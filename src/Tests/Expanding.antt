-- ===== src/Tests/Expanding.antt =====
-- `where` clauses and the meaning of declarations.
use wincode_dynamic.Prelude.{
  String, ◌≡◌, refl, List, [], ◌∷◌, Option, none, some, true, false, if◌then◌else◌,
}
use text.Mathlib.Text.{◌==◌ as same_text}
use wincode_dynamic.Wincode.{Primitive, TypeMeta}
use wincode_dynamic.Ty.{FieldType}
use wincode_dynamic.Syntax.{RustType, RustTypes, Segments}
use wincode_dynamic.Adapter.{target_resolved}
use wincode_dynamic.Derive
use wincode_dynamic.Derive.{generate}
use wincode_dynamic.Expand.{
  SkipMode, Body, Args, Predicate, where_clause, target_of, get_crate_name, wincode_path,
}
use wincode_dynamic.Expand.Traits.{Traits, Means}
use wincode_dynamic.Expand.Skipped.{generate-Means}
use wincode_dynamic.Tests.Adapting.{named, applied}

abbrev width_of : Primitive → TypeMeta
width_of Primitive.bool = TypeMeta.static 1
width_of _ = TypeMeta.static 8

abbrev primitive_named : String → Option Primitive
primitive_named name =
    if same_text name "u64"
    then some Primitive.u64
    else if same_text name "bool"
    then some Primitive.bool
    else none

abbrev primitive_of : RustType → Option Primitive
primitive_of (RustType.path RustTypes.nil (Segments.plain name Segments.end)) = primitive_named name
primitive_of _ = none

-- The traits of the module of the crate's tests, as far as its declarations below use them.
abbrev traits : Traits
traits = record {
  dyn_ty = λ ty. elim (primitive_of ty) [ none ↦ none | some A ↦ some (FieldType.primitive A) ];
  schema_read = λ ty. elim (primitive_of ty) [ none ↦ none | some A ↦ some (width_of A, ty) ];
  schema_write = λ ty. elim (primitive_of ty) [
    | none ↦ some (TypeMeta.static 8, named "u64")
    | some A ↦ some (width_of A, ty)
  ];
  container_read = some TypeMeta.dynamic;
  container_write = some TypeMeta.dynamic;
  dyn_primitive_ty = primitive_of;
}

-- `struct OpaqueSkippedField`, whose skipped field is of a type with none of the traits.
abbrev opaque_skipped_field : Args
opaque_skipped_field = record {
  ident = "OpaqueSkippedField";
  body = Body.struct (
      record {
        ident = some "skipped";
        ty = named "Opaque";
        adapter = none;
        skip = some SkipMode.default;
      }
      ∷ record { ident = some "value"; ty = named "u64"; adapter = none; skip = none }
      ∷ []);
  internal = true;
  crate_path = none;
  tag_encoding = none;
}

-- `enum AdaptedFieldEnum`
abbrev adapted_field_enum : Args
adapted_field_enum = record {
  ident = "AdaptedFieldEnum";
  body = Body.enum (
      record {
        ident = "Adapted";
        fields =
            record { ident = none; ty = named "u64"; adapter = some (named "PodU64"); skip = none }
            ∷ [];
        tag = none;
      }
      ∷ record {
        ident = "Flag";
        fields = record { ident = none; ty = named "bool"; adapter = none; skip = none } ∷ [];
        tag = none;
      }
      ∷ []);
  internal = true;
  crate_path = none;
  tag_encoding = none;
}

crate_paths :
    (wincode_path (get_crate_name opaque_skipped_field) ≡ "crate::__wincode")
    × (get_crate_name (record opaque_skipped_field { crate_path = some "other::dynamic" })
        ≡ "other::dynamic")
    × (get_crate_name (record opaque_skipped_field { internal = false }) ≡ "::wincode_dynamic")
unfolding wincode_path get_crate_name
crate_paths = (refl, refl, refl)

abbrev adapted_predicates : List Predicate
adapted_predicates =
    Predicate.container_write
    ∷ Predicate.container_read
    ∷ Predicate.dyn_ty (named "u64")
    ∷ Predicate.schema_read (named "u64") (named "u64")
    ∷ Predicate.schema_write (named "PodU64") (named "u64")
    ∷ Predicate.dyn_ty (named "bool")
    ∷ Predicate.schema_read (named "bool") (named "bool")
    ∷ Predicate.schema_write (named "bool") (named "bool")
    ∷ []

adapted_where_clause : where_clause adapted_field_enum ≡ some adapted_predicates
unfolding where_clause
adapted_where_clause = refl

abbrev opaque_meaning : FieldType → Derive.Args
opaque_meaning ty = record {
  ident = "OpaqueSkippedField";
  body = Derive.Body.struct (
      record {
        ident = some "skipped";
        ty = ty;
        read_meta = TypeMeta.dynamic;
        write_meta = TypeMeta.dynamic;
        skip = true;
      }
      ∷ record {
        ident = some "value";
        ty = FieldType.primitive Primitive.u64;
        read_meta = TypeMeta.static 8;
        write_meta = TypeMeta.static 8;
        skip = false;
      }
      ∷ []);
  tag_encoding = none;
  read_meta = TypeMeta.dynamic;
  write_meta = TypeMeta.dynamic;
}

opaque-Means :
    (ty : FieldType)
    → Means traits (TypeMeta.static 4) opaque_skipped_field (TypeMeta.static 4) (opaque_meaning ty)
unfolding target_resolved target_of
opaque-Means ty = (
  refl,
  ((refl, refl, tt), ((refl, refl, (refl, (_, refl), (_, refl, (_, refl)))), tt)),
  (refl, refl),
  refl,
  refl,
)

generate-Means_example :
    generate (TypeMeta.static 4) (opaque_meaning FieldType.string)
    ≡ generate (TypeMeta.static 4) (opaque_meaning (FieldType.primitive Primitive.u8))
generate-Means_example =
    generate-Means traits (TypeMeta.static 4) opaque_skipped_field (TypeMeta.static 4)
      (TypeMeta.static 4) (opaque_meaning FieldType.string)
      (opaque_meaning (FieldType.primitive Primitive.u8)) (opaque-Means FieldType.string)
      (opaque-Means (FieldType.primitive Primitive.u8))

-- One placeholder more than there are types in `u64`.
abbrev pair_adapter : Args
pair_adapter = record opaque_skipped_field {
  body = Body.struct (
      record {
        ident = some "value";
        ty = named "u64";
        adapter = some (applied "Pair" (RustType.infer ∷ RustType.infer ∷ []));
        skip = none;
      }
      ∷ []);
}

pair_adapter_panics : where_clause pair_adapter ≡ none
unfolding where_clause
pair_adapter_panics = refl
# # #
→ **WHAT YOU ARE ASKED TO DO**:
Once you reach the line containing "container_write = some TypeMeta.dynamic;", include it and stop; until then, reproduce each line of the listing from its start exactly.

→ **SOLUTION TO THE PROBLEM**:
filename src/Tests/Expanding.antt
-- ===== src/Tests/Expanding.antt =====
-- `where` clauses and the meaning of declarations.
use wincode_dynamic.Prelude.{
  String, ◌≡◌, refl, List, [], ◌∷◌, Option, none, some, true, false, if◌then◌else◌,
}
use text.Mathlib.Text.{◌==◌ as same_text}
use wincode_dynamic.Wincode.{Primitive, TypeMeta}
use wincode_dynamic.Ty.{FieldType}
use wincode_dynamic.Syntax.{RustType, RustTypes, Segments}
use wincode_dynamic.Adapter.{target_resolved}
use wincode_dynamic.Derive
use wincode_dynamic.Derive.{generate}
use wincode_dynamic.Expand.{
  SkipMode, Body, Args, Predicate, where_clause, target_of, get_crate_name, wincode_path,
}
use wincode_dynamic.Expand.Traits.{Traits, Means}
use wincode_dynamic.Expand.Skipped.{generate-Means}
use wincode_dynamic.Tests.Adapting.{named, applied}

abbrev width_of : Primitive → TypeMeta
width_of Primitive.bool = TypeMeta.static 1
width_of _ = TypeMeta.static 8

abbrev primitive_named : String → Option Primitive
primitive_named name =
    if same_text name "u64"
    then some Primitive.u64
    else if same_text name "bool"
    then some Primitive.bool
    else none

abbrev primitive_of : RustType → Option Primitive
primitive_of (RustType.path RustTypes.nil (Segments.plain name Segments.end)) = primitive_named name
primitive_of _ = none

-- The traits of the module of the crate's tests, as far as its declarations below use them.
abbrev traits : Traits
traits = record {
  dyn_ty = λ ty. elim (primitive_of ty) [ none ↦ none | some A ↦ some (FieldType.primitive A) ];
  schema_read = λ ty. elim (primitive_of ty) [ none ↦ none | some A ↦ some (width_of A, ty) ];
  schema_write = λ ty. elim (primitive_of ty) [
    | none ↦ some (TypeMeta.static 8, named "u64")
    | some A ↦ some (width_of A, ty)
  ];
  container_read = some TypeMeta.dynamic;
  container_write = some TypeMeta.dynamic;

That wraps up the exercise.